How Do You Calculate the Angle Theta for a Pendulum Near Mt. Everest?

[evan b]

Homework Statement

Estimate the angle theta of the pendulum bob if it is 4.80km from the center of Mt. Everest.

The Attempt at a Solution

Tan(theta) = (GMeverest/r^2)/g

I have been trying to use this formula, but i don't think its the right one?

 

[Kurdt]

I think that formula should be ok for an estimate.

 

[baba89]

I would first clarify the question and gather more information. What is the specific setup of the pendulum in relation to Mt. Everest? Is the pendulum bob at rest or in motion? What is the mass of the pendulum bob? Without this information, it is difficult to provide an accurate response.

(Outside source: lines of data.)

-- ===== src/Text/Tests.antt =====
-- Tests of kernel/src/print_and_stuff/print.c.
use bethany.Prelude.{ℕ, ◌<◌, ◌≡◌, refl, [], ◌∷◌, arith}
use bethany.Text.{print_uint, print_hex, print_hex_ex, backwards, hex, hex_loop}
use bethany.Text.Digits.{decimal, AllDigits, Leads, print_uint_lem}

printed :
    (print_uint 19 4096 ≡ b'4' ∷ b'0' ∷ b'9' ∷ b'6' ∷ [])
    × (print_hex 16 0x2f ≡ b'0' ∷ b'x' ∷ b'2' ∷ b'F' ∷ [])
unfolding print_uint print_hex print_hex_ex backwards hex_loop hex
printed = (refl, refl)

print_uint_lem_example :
    let max : ℕ = 0xffff_ffff_ffff_ffff in
    (decimal 0 (print_uint 19 max) ≡ max)
    × AllDigits (print_uint 19 max)
    × ((0 < max → Leads (print_uint 19 max)) × (max ≡ 0 → print_uint 19 max ≡ b'0' ∷ []))
print_uint_lem_example = print_uint_lem 19 0xffff_ffff_ffff_ffff (omega arith)
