-- ===== src/Video/Integers.antt =====
-- Signed 64-bit numbers as integers, and the rounding divisions of kernel/src/video/terminal.c.
use bethany.Prelude.{
  ℕ, zero, suc, ◌+◌, ◌-◌, ◌*◌, ◌/◌, ◌%◌, ◌^◌, Bool, true, false, ltb, leb, if◌then◌else◌, wrap64,
}

pub data ℤ : Type 0 where
  pos : ℕ → ℤ
  negsuc : ℕ → ℤ

abbrev pub neg : ℕ → ℤ
neg zero = pos 0
neg (suc n) = negsuc n

-- The difference of two natural numbers.
unfoldable pub minus : ℕ → ℕ → ℤ
minus a b = if leb b a then pos (a - b) else negsuc (b - a - 1)

infix 60 ◌+ℤ◌
abbrev pub ◌+ℤ◌ : ℤ → ℤ → ℤ
pos a +ℤ pos b = pos (a + b)
pos a +ℤ negsuc b = minus a (b + 1)
negsuc a +ℤ pos b = minus b (a + 1)
negsuc a +ℤ negsuc b = negsuc (a + b + 1)

-- The product with a natural number.
abbrev pub scale : ℤ → ℕ → ℤ
scale (pos a) n = pos (a * n)
scale (negsuc a) n = neg ((a + 1) * n)

-- The two conversions between 64-bit words and signed numbers.
unfoldable pub signed : ℕ → ℤ
signed x = if ltb x (2 ^ 63) then pos x else negsuc (2 ^ 64 - 1 - x)

unfoldable pub unsigned : ℤ → ℕ
unsigned (pos a) = wrap64 a
unsigned (negsuc a) = 2 ^ 64 - 1 - wrap64 a

-- A sum or a product in 64 bits. C leaves it undefined where it does not fit; the machine wraps it.
unfoldable pub int64 : ℤ → ℤ
int64 z = signed (unsigned z)

-- `/` and `%` of C round towards zero.
abbrev pub quotient : ℤ → ℕ → ℤ
quotient (pos a) b = pos (a / b)
quotient (negsuc a) b = neg ((a + 1) / b)

abbrev pub remainder : ℤ → ℕ → ℤ
remainder (pos a) b = pos (a % b)
remainder (negsuc a) b = neg ((a + 1) % b)

abbrev pub is_negative : ℤ → Bool
is_negative (pos a) = false
is_negative (negsuc a) = true

unfoldable pub floor_div : ℤ → ℕ → ℤ
floor_div a b = if is_negative (remainder a b) then quotient a b +ℤ negsuc 0 else quotient a b

unfoldable pub floor_mod : ℤ → ℕ → ℤ
floor_mod a b = if is_negative (remainder a b) then remainder a b +ℤ pos b else remainder a b
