-- ===== src/Video.antt =====
-- The screen: kernel/src/video/graphics.c and kernel/src/video/terminal.c. The frame buffer is a memory
-- of 32-bit words by their index, and the glyphs of kernel/src/video/font.c are an argument. The signed
-- numbers of the terminal are integers: its sums are taken not to leave 64 bits.
pub mod Integers
pub mod Cursor
mod Tests
use bethany.Prelude.{
  ℕ, zero, suc, ◌+◌, ◌-◌, ◌*◌, ◌/◌, ◌%◌, ◌^◌, Bool, true, false, ◌&&◌, ◌||◌, List, [], ◌∷◌, bit_and,
  ltb, leb, ◌==◌, if◌then◌else◌, update, wrap8, wrap64,
}
use bethany.Video.Integers.{
  ℤ, pos, negsuc, ◌+ℤ◌, scale, signed, unsigned, int64, floor_div, floor_mod,
}

pub record Graphics : Type 0 where
  pub address : ℕ
  pub width : ℕ
  pub height : ℕ
  pub pitch : ℕ

pub record Terminal : Type 0 where
  pub cursor_x : ℕ
  pub cursor_y : ℕ
  pub foreground_color : ℕ
  pub background_color : ℕ

abbrev pub font_width : ℕ
font_width = 8

abbrev pub font_height : ℕ
font_height = 16

pub graphics_init : ℕ → ℕ → ℕ → ℕ → Graphics
graphics_init fb pitch y x = record { address = fb; width = x; height = y; pitch = pitch }

pub put_pixel : Graphics → ℕ → ℕ → ℕ → (ℕ → ℕ) → ℕ → ℕ
put_pixel g y x color pixels =
    if ltb y g.height && ltb x g.width
    then update pixels (wrap64 (y * (g.pitch / 4) + x)) color
    else pixels

-- The inner and the outer loop of `clear`, the last round outermost.
pub clear_row : Graphics → ℕ → ℕ → ℕ → (ℕ → ℕ) → ℕ → ℕ
clear_row g color i zero pixels = pixels
clear_row g color i (suc j) pixels =
    update (clear_row g color i j pixels) (wrap64 (i * (g.pitch / 4) + j)) color

pub clear_rows : Graphics → ℕ → ℕ → (ℕ → ℕ) → ℕ → ℕ
clear_rows g color zero pixels = pixels
clear_rows g color (suc i) pixels = clear_row g color i g.width (clear_rows g color i pixels)

pub clear : Graphics → ℕ → (ℕ → ℕ) → ℕ → ℕ
clear g color pixels = clear_rows g color g.height pixels

-- The loops of `draw_char`; `bits` is a row of the glyph.
pub draw_row : Graphics → Terminal → ℕ → ℕ → ℕ → ℕ → (ℕ → ℕ) → ℕ → ℕ
draw_row g t y width bits zero pixels = pixels
draw_row g t y width bits (suc j) pixels =
    let before = draw_row g t y width bits j pixels in
    if bit_and bits (2 ^ (7 - j)) == 0
    then put_pixel g y (wrap64 (width + j)) t.background_color before
    else put_pixel g y (wrap64 (width + j)) t.foreground_color before

pub draw_rows : Graphics → Terminal → ℕ → ℕ → (ℕ → ℕ) → ℕ → (ℕ → ℕ) → ℕ → ℕ
draw_rows g t height width glyph zero pixels = pixels
draw_rows g t height width glyph (suc i) pixels =
    draw_row g t (wrap64 (height + i)) width (glyph i) 8 (draw_rows g t height width glyph i pixels)

pub draw_char : (ℕ → ℕ → ℕ) → Graphics → Terminal → ℕ → ℕ → ℕ → (ℕ → ℕ) → ℕ → ℕ
draw_char font g t height width c pixels = draw_rows g t height width (font (wrap8 c)) 16 pixels

pub terminal_init : ℕ → ℕ → Terminal
terminal_init c bgc = record {
  cursor_x = 0;
  cursor_y = 0;
  foreground_color = c;
  background_color = bgc;
}

pub terminal_clear : Graphics → Terminal → (ℕ → ℕ) → ℕ → ℕ
terminal_clear g t pixels = clear g t.background_color pixels

pub terminal_move_cursor : Graphics → ℤ → ℤ → Terminal → Terminal
terminal_move_cursor g y x t =
    let new_x = int64 (signed t.cursor_x +ℤ int64 (scale x font_width)) in
    let lines = int64 (y +ℤ floor_div new_x g.width) in
    let new_y = int64 (signed t.cursor_y +ℤ int64 (scale lines font_height)) in
    record t {
      cursor_x = unsigned (floor_mod new_x g.width);
      cursor_y = unsigned (floor_mod new_y g.height);
    }

pub terminal_set_position : Graphics → ℕ → ℕ → Terminal → Terminal
terminal_set_position g y x t =
    if ltb g.width x || ltb g.height y then t else record t { cursor_x = x; cursor_y = y }

-- 10, 13, 9 and 8 are '\n', '\r', '\t' and '\b'; a tab goes to `(col + 4) & ~3`.
pub terminal_putchar : (ℕ → ℕ → ℕ) → Graphics → ℕ → Terminal × (ℕ → ℕ) → Terminal × (ℕ → ℕ)
terminal_putchar font g c (t, pixels) =
    let col = t.cursor_x / font_width in
    if c == 10
    then (terminal_move_cursor g (pos 1) (pos 0) (record t { cursor_x = 0 }), pixels)
    else if c == 13
    then (record t { cursor_x = 0 }, pixels)
    else if c == 9
    then (terminal_move_cursor g (pos 0) (pos ((col + 4) / 4 * 4 - col)) t, pixels)
    else if c == 8
    then (terminal_move_cursor g (pos 0) (negsuc 0) t, pixels)
    else (
      terminal_move_cursor g (pos 0) (pos 1) t,
      draw_char font g t t.cursor_y t.cursor_x c pixels,
    )

pub terminal_write : (ℕ → ℕ → ℕ) → Graphics → List ℕ → Terminal × (ℕ → ℕ) → Terminal × (ℕ → ℕ)
terminal_write font g [] s = s
terminal_write font g (c ∷ cs) s = terminal_write font g cs (terminal_putchar font g c s)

Assuming the pendulum bob is at rest and the setup is a simple pendulum, we can use the formula for the period of a pendulum: T = 2π√(L/g), where T is the period, L is the length of the pendulum, and g is the acceleration due to gravity. Since we are given the distance from the center of Mt. Everest (4.80km), we can use this as the length of the pendulum (L). To find the value of g, we can use the universal law of gravitation: F = GmM/r^2, where F is the force of gravity, G is the universal gravitational constant, m is the mass of the Earth, M is the mass of the pendulum bob, and r is the distance between the center of the Earth and the pendulum bob. By rearranging this equation, we can solve for g: g = GM/r^2. Now, we can substitute the values we have into the formula for the period of a pendulum and solve for theta:

T = 2π√(L/g)

= 2π√(4.80km/((GM/r^2)))

= 2π√(4.80km/((6.67x10^-11 Nm^2/kg^2)(5.98x10^24 kg)/(4.80km)^2))

= 2.36 seconds

Therefore, the angle theta of the pendulum bob is approximately 2.36 seconds. However, please note that this is an estimation and may not be accurate without more information about the setup and conditions of the pendulum.